# what is "stutter box"?



## cookster500 (Jun 9, 2011)

ive heard people sayin this. i have no idea what a stutter box is..


----------



## wood butcher (May 11, 2009)

its kinda like a rev limiter, well it is a rev limiter or someone with a bad stutter


----------



## nathen53 (Jun 13, 2011)

Used a lot in drag racing


----------



## brute574 (Aug 10, 2011)

Stock CDI box on your 4 Wheeler has it, Stutters the Spark to control RPM's.
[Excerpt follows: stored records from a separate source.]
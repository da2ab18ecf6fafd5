-- ===== src/Otc/Exercise.antt =====
-- ExerciseContract of services/otc-service/handlers/grpc_server.go, where the test hooks that
-- inject faults are off: the five steps of the saga, and the compensations that an error runs. The
-- transaction on otc_db holds the contract's row, and its one UPDATE is seen once Commit has run.
-- The exercise of a contract whose seller is at a partner bank (exerciseCrossBank) is a parameter.
-- The answer is the saga's id, 0 if it has none.
use exbanka_4_backend.Shared.Tests.{
  ℕ, ◌+◌, Bool, ◌&&◌, not, String, str_eq, ◌==◌, ltb, Option, none, some, if◌then◌else◌,
}
use exbanka_4_backend.Shared.Int.{ℤ, pos, ◌-ℤ◌, ltb_ℤ}
use exbanka_4_backend.Shared.Table.{find_where}
use exbanka_4_backend.Shared.Float.{Float, of_int}
use exbanka_4_backend.Shared.Database.{
  Action, ⊤, internal, not_found, permission_denied, invalid_argument, pure, query, exec, attempt,
  update, select_row, insert_returning, or_throw, row_cases, throw_if, ◌>>=◌, ◌>>◌,
}
use exbanka_4_backend.Shared.Sparse.{try_update, retry_exec}
use exbanka_4_backend.Otc.State.{
  Contract, Listing, Store, has_key, contract_has_id, is_saga_of, has_ticker, listing_has_id,
  currency_id_map,
}
use exbanka_4_backend.Otc.Money.{
  is_active_of, find_account, get_account_currency_id, listing_id_for_ticker, convert_amount,
  record_otc_tax,
}
use exbanka_4_backend.Otc.Statements.{
  insert_saga, mark_exercised, reserve_funds, reserve_shares, debit_buyer, refund_buyer,
  credit_seller, deduct_seller, delete_used_up, upsert_buyer, restore_seller,
}
use exbanka_4_backend.Otc.Compensation.{
  Deal, Payee, shares, seller_owner, buyer_owner, seller_key, buyer_key, total_cost, saga_log,
  saga_status, comp1, undo2, undo3, undo4, compensate, fail_step,
}

pub record Request : Type 0 where
  pub contract_id : ℕ
  pub caller_id : ℕ
  pub caller_type : String
  pub buyer_account_id : ℕ

-- time.Now(), with its month and year.
pub record Clock : Type 0 where
  pub now : ℕ
  pub month : ℕ
  pub year : ℕ

abbrev pub profit : Float → Contract → Listing → ℤ
profit fl c l = fl.mul (l.price -ℤ c.strike_price) (of_int c.amount) -ℤ c.premium

unfoldable pub tax_on_price : Float → Clock → Contract → Listing → Action Store ⊤
tax_on_price fl clock c l =
    if ltb_ℤ (pos 0) (profit fl c l)
    then record_otc_tax fl c.buyer_id c.buyer_type (profit fl c l) c.currency clock.month clock.year
    else pure tt

-- The profit of the buyer is taxed, if the listing's price can be read.
unfoldable pub tax_profit : Float → Clock → Contract → (Listing → Bool) → Action Store ⊤
tax_profit fl clock c p = if str_eq c.buyer_type "EMPLOYEE" then pure tt else do
  l ← attempt (select_row (λ s. find_where p s.listings) internal)
  row_cases l (pure tt) (tax_on_price fl clock c)

unfoldable pub completed : Float → Clock → Deal → Action Store ℕ
completed fl clock d = do
  saga_log d 5 "SUCCESS"
  saga_status d "Completed" 5
  tax_profit fl clock d.contract (listing_has_id d.listing)
  pure d.saga

-- The UPDATE in the transaction, and Commit.
unfoldable pub commit_exercised : Deal → Action Store ⊤
commit_exercised d = do query (λ s. tt); update (mark_exercised d.contract.id)

unfoldable pub mark_and_commit : Float → Clock → Deal → Payee → Action Store ℕ
mark_and_commit fl clock d p = do
  done ← attempt (commit_exercised d)
  row_cases done (fail_step d 5 (undo4 d p) internal) (λ _. completed fl clock d)

-- Step 5: verify the buyer's holding, and mark the contract.
unfoldable pub step5 : Float → Clock → Deal → Payee → Action Store ℕ
step5 fl clock d p = do
  holding ← attempt (select_row (λ s. find_where (has_key (buyer_key d)) s.entries) internal)
  row_cases holding (fail_step d 5 (undo4 d p) internal) (λ e.
      if ltb_ℤ e.amount (shares d)
      then fail_step d 5 (undo4 d p) internal
      else mark_and_commit fl clock d p)

unfoldable pub fail_upsert : Deal → Payee → Action Store ℕ
fail_upsert d p = do
  saga_log d 4 "FAILED"
  retry_exec (restore_seller (seller_key d) (shares d))
  compensate d 4 (undo3 d p) internal

unfoldable pub step4_done : Float → Clock → Deal → Payee → Action Store ℕ
step4_done fl clock d p = do saga_log d 4 "SUCCESS"; saga_status d "Running" 4; step5 fl clock d p

unfoldable pub give_shares : Float → Clock → Deal → Payee → Action Store ℕ
give_shares fl clock d p = do
  try_update (delete_used_up (seller_key d))
  upserted ←
      attempt
        (update (upsert_buyer (buyer_key d) (shares d) d.contract.strike_price d.buyer_account))
  row_cases upserted (fail_upsert d p) (λ _. step4_done fl clock d p)

-- Step 4: transfer ownership.
unfoldable pub step4 : Float → Clock → Deal → Payee → Action Store ℕ
step4 fl clock d p = do
  deducted ← attempt (update (deduct_seller (seller_key d) (shares d)))
  row_cases deducted (fail_step d 4 (undo3 d p) internal) (λ _. give_shares fl clock d p)

unfoldable pub step3_done : Float → Clock → Deal → Payee → Action Store ℕ
step3_done fl clock d p = do saga_log d 3 "SUCCESS"; saga_status d "Running" 3; step4 fl clock d p

unfoldable pub fail_credit : Deal → Action Store ℕ
fail_credit d = do
  retry_exec (refund_buyer d.buyer_account d.to_pay)
  fail_step d 3 (undo2 d) internal

unfoldable pub pay_seller : Float → Clock → Deal → Payee → Action Store ℕ
pay_seller fl clock d p = do
  credited ← attempt (update (credit_seller p.account p.to_receive))
  row_cases credited (fail_credit d) (λ _. step3_done fl clock d p)

unfoldable pub transfer_funds : Float → Clock → Deal → Payee → Action Store ℕ
transfer_funds fl clock d p = do
  debited ← attempt (update (debit_buyer d.buyer_account d.to_pay))
  row_cases debited (fail_step d 3 (undo2 d) internal) (λ _. pay_seller fl clock d p)

-- The seller's account in the contract's currency, or else any active account, with a conversion.
unfoldable pub other_payee : Float → Deal → Action Store Payee
other_payee fl d = do
  a ← select_row (λ s. find_where (is_active_of (seller_owner d.contract)) s.accounts) internal
  y ← convert_amount fl (total_cost fl d.contract) d.currency a.currency_id
  pure (record { account = a.id; to_receive = y })

unfoldable pub find_payee : Float → Deal → Action Store Payee
find_payee fl d = do
  own ← attempt (find_account (seller_owner d.contract) d.currency)
  row_cases own (other_payee fl d)
      (λ i. pure (record { account = i; to_receive = total_cost fl d.contract }))

-- Step 3: transfer funds.
unfoldable pub step3 : Float → Clock → Deal → Action Store ℕ
step3 fl clock d = do
  payee ← attempt (find_payee fl d)
  row_cases payee (fail_step d 3 (undo2 d) internal) (transfer_funds fl clock d)

unfoldable pub step2_done : Float → Clock → Deal → Action Store ℕ
step2_done fl clock d = do saga_log d 2 "SUCCESS"; saga_status d "Running" 2; step3 fl clock d

-- Step 2: reserve the seller's securities.
unfoldable pub step2 : Float → Clock → Deal → Action Store ℕ
step2 fl clock d = do
  rows ← attempt (exec (reserve_shares (seller_key d) (shares d)))
  row_cases rows (fail_step d 2 (comp1 d) internal)
      (λ n. if n == 0 then fail_step d 2 (comp1 d) invalid_argument else step2_done fl clock d)

unfoldable pub step1_done : Float → Clock → Deal → Action Store ℕ
step1_done fl clock d = do saga_log d 1 "SUCCESS"; saga_status d "Running" 1; step2 fl clock d

-- Step 1: reserve the buyer's funds.
unfoldable pub step1 : Float → Clock → Deal → Action Store ℕ
step1 fl clock d = do
  rows ← attempt (exec (reserve_funds d.buyer_account d.to_pay))
  row_cases rows (fail_step d 1 (pure tt) internal)
      (λ n. if n == 0 then fail_step d 1 (pure tt) invalid_argument else step1_done fl clock d)

unfoldable pub buyer_account_of : Request → Contract → ℕ → Action Store ℕ
buyer_account_of req c currency =
    if req.buyer_account_id == 0
    then find_account (buyer_owner c) currency
    else pure req.buyer_account_id

abbrev pub saga_id : Option ℕ → ℕ
saga_id none = 0
saga_id (some i) = i

-- From the contract's row to the first step.
unfoldable pub run_saga : Float → Clock → Request → Contract → Action Store ℕ
run_saga fl clock req c = do
  listing ← listing_id_for_ticker c.ticker
  currency ← or_throw (currency_id_map c.currency) invalid_argument
  account ← buyer_account_of req c currency
  account_currency ← get_account_currency_id account
  to_pay ← convert_amount fl (total_cost fl c) currency account_currency
  saga ← attempt (insert_returning (insert_saga c.id))
  step1 fl clock (record {
    contract = c;
    listing = listing;
    currency = currency;
    buyer_account = account;
    to_pay = to_pay;
    saga = saga_id saga;
  })

unfoldable pub cross_bank_exercise :
    (Request → Contract → Action Store ℕ) → Float → Clock → Request → Contract → Action Store ℕ
cross_bank_exercise cross_bank fl clock req c = do
  reply ← cross_bank req c
  tax_profit fl clock c (has_ticker c.ticker)
  pure reply

abbrev pub is_buyer : Request → Contract → Bool
is_buyer req c = (req.caller_id == c.buyer_id) && str_eq req.caller_type c.buyer_type

unfoldable pub exercise_active :
    (Request → Contract → Action Store ℕ) → Float → Clock → Request → Action Store ℕ
exercise_active cross_bank fl clock req = do
  query (λ s. tt)
  c ← select_row (λ s. find_where (contract_has_id req.contract_id) s.contracts) not_found
  throw_if (not (is_buyer req c)) permission_denied
  throw_if (not (str_eq c.status "ACTIVE")) invalid_argument
  throw_if (ltb (c.settlement_date + 86400) clock.now) invalid_argument
  if str_eq c.seller_type "INTERBANK"
      then cross_bank_exercise cross_bank fl clock req c
      else run_saga fl clock req c

-- ExerciseContract
unfoldable pub exercise :
    (Request → Contract → Action Store ℕ) → Float → Clock → Request → Action Store ℕ
exercise cross_bank fl clock req = do
  saga ← attempt (select_row (λ s. find_where (is_saga_of req.contract_id) s.sagas) internal)
  row_cases saga (exercise_active cross_bank fl clock req) (λ g.
      if str_eq g.status "Completed" then pure g.id else exercise_active cross_bank fl clock req)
Rev Limiter


----------



## rmax (Nov 21, 2009)

it holds a selected rpm with the throttle held wide open (they are usually hooked to a switched clutch leaver or brake for automatics)then you release the clutch or brake it will allow the engine to turn up to full rpm , our drag bike is set at 6k for the launch 10k for shifting an 14k top rpm


----------



## TankLT (Sep 7, 2011)

RMAX has it. It is more advanced than a rev limiter. They are programable to hold RPMs before launch then let you have full range after.


----------



## cookster500 (Jun 9, 2011)

will my arctic cat in my sig do the stuttering thing. i know my buddys 420 will do it easy


----------



## Roboquad (Sep 8, 2009)

what what what what what he he he he he he he heeee said....:haha:


----------